Similarly, Galectin-9 interacts with PD-1, a receptor known for its inhibitory role in immune signaling. While PD-1’s glycosylation is less characterized, emerging studies suggest Galectin-9 preferentially binds specific N-glycans on its extracellular domain. This interaction may alter PD-1 receptor dynamics, affecting its engagement with PD-L1 or PD-L2. Some evidence suggests Galectin-9 promotes PD-1 clustering, enhancing inhibitory signaling, while other studies indicate it may compete with conventional ligands, modifying PD-1’s accessibility. The precise functional consequences remain an area of active investigation.

Effect On T-Cell Exhaustion

Persistent antigen exposure in chronic infections and malignancies drives T-cell exhaustion, marked by functional decline and sustained expression of inhibitory receptors. Galectin-9 influences this process through its interactions with glycosylated checkpoint receptors, affecting receptor clustering and signaling intensity.

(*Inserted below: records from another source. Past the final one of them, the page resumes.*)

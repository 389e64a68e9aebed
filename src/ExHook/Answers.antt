-- ===== src/ExHook/Answers.antt =====
-- What EMQX is answered: exactly when a publish is denied, when its payload is replaced, and when it
-- is left alone; and what it is asked to hook.
use floodgate.Common.{
  String, Option, some, [], ◌∷◌, ◌≡◌, ◌≢◌, refl, sym, ◌∙◌, inl, inr, arith, Option-cases,
}
use floodgate.Bytes.{Bytes}
use floodgate.Value.{str, Fields, get}
use floodgate.Config.{Config, item}
use floodgate.Config.Load.{Machine}
use floodgate.Config.Valid.Loads.{Loads}
use floodgate.Config.Policy.Loaded.{kept}
use floodgate.Service.{Service}
use floodgate.Process.{World}
use floodgate.Process.Laws.{passthru_ne_drop, passthru_ne_modify}
use floodgate.Process.Laws.Drops.{IsToDrop, process_message-drop_iff}
use floodgate.Process.Laws.Modifies.{IsToModify, process_message-modify_iff}
use floodgate.Process.Results.{process_message-IsResult}
use floodgate.ExHook.{
  Message, ValuedResponse, ignore, stop_and_return, no_value, message, denied, respond,
  on_message_publish, on_provider_loaded,
}

module _ {Envelope Packet : Type 0} (world : World Envelope Packet) where
  -- The answer to a publish: to one that is to be dropped, to one that is to be modified, and to any
  -- other.
  pub data Answers (config : Config) (msg : Message) : ValuedResponse → Type 0 where
    denies :
        IsToDrop world msg.topic msg.payload config
        → Answers config msg (record { type = stop_and_return; value = message (denied msg) })
    replaces :
        (bytes : Bytes)
        → IsToModify world msg.topic msg.payload bytes config
        → Answers config msg
            (record { type = stop_and_return; value = message (record msg { payload = bytes }) })
    ignores :
        ¬ IsToDrop world msg.topic msg.payload config
        → ((bytes : Bytes) → ¬ IsToModify world msg.topic msg.payload bytes config)
        → Answers config msg (record { type = ignore; value = no_value })

  -- OnMessagePublish never raises. It denies a message that is to be dropped by the header
  -- `allow_publish: false`, answers one that is to be modified with its payload replaced, all its
  -- other fields kept, and ignores every other.
  pub on_message_publish-Answers :
      (config : Config) (msg : Message) (s : Service)
      → (r : ValuedResponse) × ((on_message_publish world config msg s).0 ≡ some r)
        × Answers config msg r
  unfolding on_message_publish respond
  on_message_publish-Answers config msg s =
      elim (process_message-IsResult world msg.topic msg.payload config s) [
        | inl e ↦ (
          _,
          rw e refl,
          ignores
              (λ d.
                passthru_ne_drop
                  (sym e ∙ (process_message-drop_iff world msg.topic msg.payload config s).1 d))
              (λ bytes m. passthru_ne_modify (some bytes) (
                sym e
                ∙ (process_message-modify_iff world msg.topic msg.payload bytes config s).1 m)),
        )
        | inr (inl e) ↦ (
          _,
          rw e refl,
          denies ((process_message-drop_iff world msg.topic msg.payload config s).0 e),
        )
        | inr (inr (bytes, e)) ↦ (
          _,
          rw e refl,
          replaces bytes
              ((process_message-modify_iff world msg.topic msg.payload bytes config s).0 e),
        )
      ]

get-text : (d : Fields) (k s : String) → item d k ≡ str s → get d k ≡ some (str s)
get-text d k s h = elim (Option-cases (get d k)) [
  | inl absent ↦ ground (arith, absent)
  | inr (v, present) ↦ ground (arith, present)
]

-- Under a loaded configuration OnProviderLoaded never raises: it asks for the publish hook on the
-- configured topic filter, which is not empty.
pub on_provider_loaded-hooks :
    (machine : Machine) (config_path : Option String) (c : Config) (l : Loads machine config_path c)
    → (topic_filter : String) × (topic_filter ≢ "")
      × (item l.values "topic_filter" ≡ str topic_filter)
      × (on_provider_loaded c
          ≡ some (record { name = "message.publish"; topics = topic_filter ∷ [] } ∷ []))
unfolding on_provider_loaded
on_provider_loaded-hooks machine config_path c l =
    let (f, e, n) = l.accepts.topic_filter in
    (
      f,
      n,
      e,
      rw (
        kept machine config_path c l "topic_filter" refl refl,
        get-text l.values "topic_filter" f e,
      ),
    )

In tumor microenvironments and chronic inflammation, elevated Galectin-9 levels correlate with increased exhaustion markers like PD-1, TIM-3, and LAG-3. High Galectin-9 concentrations coincide with reduced cytokine production and impaired T-cell proliferation, reinforcing the exhausted phenotype. Experimental models show that blocking Galectin-9 can partially restore T-cell function, suggesting its role in maintaining exhaustion. The severity of its effects depends on concentration and receptor glycosylation patterns, which vary across disease contexts.

Beyond maintaining exhaustion, Galectin-9 may contribute to epigenetic reprogramming of exhausted T cells. Persistent exposure has been linked to chromatin modifications that reinforce exhaustion-associated transcription, making functional recovery more challenging. Transcriptomic and epigenetic studies indicate Galectin-9 upregulates transcription factors like TOX and NR4A, central to exhaustion programming, extending its influence beyond receptor engagement.

Roles In Autoimmune Disorders

Dysregulated immune tolerance is a hallmark of autoimmune diseases, and Galectin-9 plays a role in balancing pathogenic and regulatory immune processes in conditions such as systemic lupus erythematosus (SLE), multiple sclerosis (MS), and rheumatoid arthritis (RA). Its expression levels fluctuate in these diseases, often correlating with severity, suggesting it can either exacerbate or mitigate pathology depending on context.

In SLE, elevated Galectin-9 levels in serum and affected tissues influence immune cell infiltration and inflammatory cascades. Some studies suggest Galectin-9 sustains chronic immune activation by interacting with autoreactive lymphocytes, while others highlight its role in promoting regulatory T-cell expansion, making it a potential biomarker for disease remission or therapeutic response. In MS, Galectin-9 modulates neuroinflammation by interacting with microglia and infiltrating T cells, affecting the balance between inflammatory and reparative responses in the central nervous system.